The Traitors season 2 episodes
| No. overall | No. in season | Title | Original release date |
|---|---|---|---|
| 11 | 1 | "Episode 1" | August 13, 2026 |
| 12 | 2 | "Episode 2" | August 13, 2026 |
| 13 | 3 | "Episode 3" | August 13, 2026 |
| 14 | 4 | "Episode 4" | August 20, 2026 |
| 15 | 5 | "Episode 5" | August 20, 2026 |
| 16 | 6 | "Episode 6" | August 20, 2026 |
| 17 | 7 | "Episode 7" | August 27, 2026 |
| 18 | 8 | "Episode 8" | August 27, 2026 |
| 19 | 9 | "Episode 9" | August 27, 2026 |
| 20 | 10 | "Episode 10" | September 3, 2026 |
| 21 | 11 | "Reunion" | September 9, 2026 |

==Reception==
=== Critical reception ===
A review in India Today praised the show’s glamorous setting and Karan Johar’s hosting style.

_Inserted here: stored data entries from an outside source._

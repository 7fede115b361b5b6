-- ===== src/Lib.antt =====
-- Verification of xmlbeansxx, the C++ library under src/xmlbeansxx that keeps XML documents as
-- typed objects over a tree of contents.
--
-- Every pub module below Lib models one part of the library:
--   Prelude      tests, lists, byte strings and integers that the parts share;
--   QName        qualified names (QName.h);
--   Dict         ElemDict, the ordered multi-dictionary of attributes and elements (Dict.cpp);
--   StoreString  the table of interned strings and the objects over it (StoreString.h, .cpp).
--   NsMap        NSMap, the prefixes of namespaces (NSMap.cpp);
--   XmlContext   XmlContext and NSMapSerializer, namespaces in scope and the printing of names.
--   TextUtils    trimming and the lexical tests (TextUtils.cpp);
--   Fields       what Calendar and Duration share (Calendar.cpp);
--   Duration     xsd:duration, its setters, its text and the constructor that reads it;
--   Calendar     dates and times: the setters, the time zone, the texts read and written, and
--                the sum with a duration.
--   Heap         the nodes of a document and the pointers between them, calls that read and
--                change them, and their faults;
--   Contents     the operations of a node, by its class (Contents.cpp, ContentsImpl.h);
--   Schema       the types and their properties, and the types by name (SchemaType.cpp,
--                SchemaProperty.cpp, TypeSystem.cpp);
--   Walker       the operations by which the generated classes reach a node (Walker.cpp);
--   Output       the options, names and declarations that a document is written with;
--   Serialize    a node and what is below it as XML (Serialize.cpp);
--   Cursor       XmlCursor, a position in a document: its tokens and moves, Jumps inside a node,
--                Edits, and the laws of moves (XmlCursor.h, .cpp);
--   Xpath        the paths that select nodes (XmlObjectXpaths.cpp);
--   Query        the query expressions and the search for an element (Query.cpp);
--   Parser       EmptyParser, LibXMLParser and XercesParser: what the callbacks of libxml2 and of
--                Xerces do to the contents, and the schema grammars;
--   Arrays       XmlArray and shared_array;
--   Documents    XmlObjectDocument and XmlOptions.
-- Serialize writes the nodes of Heap in the order of their Schema with the prefixes of XmlContext.
-- Parser keeps the prefixes of a document in XmlContext, asks Schema for the type of each element
-- and appends the elements to those of Heap by Walker; libxml2 and Xerces are arguments, which give
-- the callbacks in their order. Arrays works on contents by Walker too.
-- cgetElem of Walker asks Schema for the type of a new element.
-- Cursor, Walker, Xpath and Query work on the nodes of Heap, whose dictionaries are those of Dict.
-- A std::string is the list of its bytes. A qualified name holds the texts of its two StoreStrings,
-- since StoreString's own equality is equality of texts (StoreString.Interning).
-- The pointers that a dictionary keeps are never followed by it, and are of any type.
--
-- Each loop recurs on the elements it visits. A path of XPath is its own fuel, one round for
-- each byte, and the recursion through the nodes takes the depth it may reach. Only getNextPrefix,
-- which calls itself, takes the number of calls that it may make: one more than the map has
-- entries is enough.
-- Not modelled: the mutexes (each operation is one step) and the loggers.
-- The date library of Boost and what is read from it are an argument of Calendar; a theorem that
-- relies on it says that a date has the year, month and day that it was made of. A field that a
-- constructor leaves uninitialised is an argument too. Of Calendar, the conversions to the types of
-- Boost and timeZoneGuess are not modelled, and of the library as a whole cquery,
-- the streams and grammars of Xerces and the generated types.
pub mod Arrays
pub mod Calendar
pub mod Contents
pub mod Cursor
pub mod Dict
pub mod Documents
pub mod Duration
pub mod Fields
pub mod Heap
pub mod NsMap
pub mod Output
pub mod Parser
pub mod Prelude
pub mod QName
pub mod Query
pub mod Schema
pub mod Serialize
pub mod StoreString
pub mod TextUtils
pub mod Walker
pub mod XmlContext
pub mod Xpath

=== Awards and nominations===

| Year | Award | Category | Nominee(s) | Result | Ref. |
| 2025 | Asian Academy Creative Awards | Best Adaptation of an Existing Format (Non Scripted) | The Traitors season 1 | Won |  |
| Best Direction (Non-Fiction) | Nishant Nayak | National Winner (India) |
| Best Entertainment Host | Karan Johar | Won |
| Best Original Production by a Streamer (Non-Fiction) | The Traitors season 1 | National Winner (India) |

==International broadcast==
In Australia, the series became available to stream on 10 Play in October 2025, as a companion to the Australian version broadcast by the network. The series was presented with English subtitles.

In the United Kingdom, the series began broadcasting on BBC Three and became available to stream on BBC iPlayer on 30 April 2026. It was broadcast by the BBC, which also airs the British version.